HOW TO COMPLETE THIS TASK »
Take the lines from the beginning of the data below through the line holding "abbrev format_chunk : Chunk" and return exactly those.

◆ ◆ ◆

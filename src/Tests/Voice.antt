-- ===== src/Tests/Voice.antt =====
-- apps/api/src/voice.rs at a concrete file.
use wfchat.Base.{not, ◌+◌, ◌≡◌, refl, [], ◌∷◌, ◌++◌, some, codes, length, arith, nat_eq}
use wfchat.Voice.{Bytes, chunk_from, wav_data_chunk, validate_voicevox_wav_audio}
use wfchat.Voice.Accepted.{is_silent, riff, validate_voicevox_wav_audio-encode_all}
use wfchat.Errors.{is_ok}
use wfchat.Voice.Chunks.{Chunk, encode, encode_all}
use wfchat.Voice.Files.{wav_data_chunk-encode_all}
use wfchat.Voice.Fuel.{chunk_from-wav_data_chunk}

abbrev format_chunk : Chunk
format_chunk = record { id0 = b'f'; id1 = b'm'; id2 = b't'; id3 = b' '; content = 1 ∷ 0 ∷ 1 ∷ [] }

abbrev sound : Chunk
sound = record { id0 = b'd'; id1 = b'a'; id2 = b't'; id3 = b'a'; content = 7 ∷ 9 ∷ [] }

abbrev header : Bytes
header = codes "RIFF" ++ (0 ∷ 0 ∷ 0 ∷ 0 ∷ codes "WAVE")

wav_data_chunk-encode_all_example :
    wav_data_chunk (header ++ encode_all (format_chunk ∷ []) (encode sound (5 ∷ [])))
    ≡ some (7 ∷ 9 ∷ [])
wav_data_chunk-encode_all_example =
    wav_data_chunk-encode_all sound refl (omega arith) (5 ∷ []) header (format_chunk ∷ []) refl
      ((refl, omega arith), tt) (omega arith)

chunk_from-wav_data_chunk_example :
    chunk_from (length header + 3) header 12 ≡ chunk_from (length header) header 12
chunk_from-wav_data_chunk_example = chunk_from-wav_data_chunk header 3

validate_voicevox_wav_audio-encode_all_example :
    is_ok (
      validate_voicevox_wav_audio
        (riff 0 0 0 0 ++ encode_all (format_chunk ∷ []) (encode sound (5 ∷ []))))
    ≡ not (is_silent (7 ∷ 9 ∷ []))
validate_voicevox_wav_audio-encode_all_example =
    validate_voicevox_wav_audio-encode_all sound refl (omega arith) (5 ∷ []) 0 0 0 0
      (format_chunk ∷ []) ((refl, omega arith), tt) (omega arith)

◆ ◆ ◆

EXPECTED ANSWER »
filename src/Tests/Voice.antt
-- ===== src/Tests/Voice.antt =====
-- apps/api/src/voice.rs at a concrete file.
use wfchat.Base.{not, ◌+◌, ◌≡◌, refl, [], ◌∷◌, ◌++◌, some, codes, length, arith, nat_eq}
use wfchat.Voice.{Bytes, chunk_from, wav_data_chunk, validate_voicevox_wav_audio}
use wfchat.Voice.Accepted.{is_silent, riff, validate_voicevox_wav_audio-encode_all}
use wfchat.Errors.{is_ok}
use wfchat.Voice.Chunks.{Chunk, encode, encode_all}
use wfchat.Voice.Files.{wav_data_chunk-encode_all}
use wfchat.Voice.Fuel.{chunk_from-wav_data_chunk}

abbrev format_chunk : Chunk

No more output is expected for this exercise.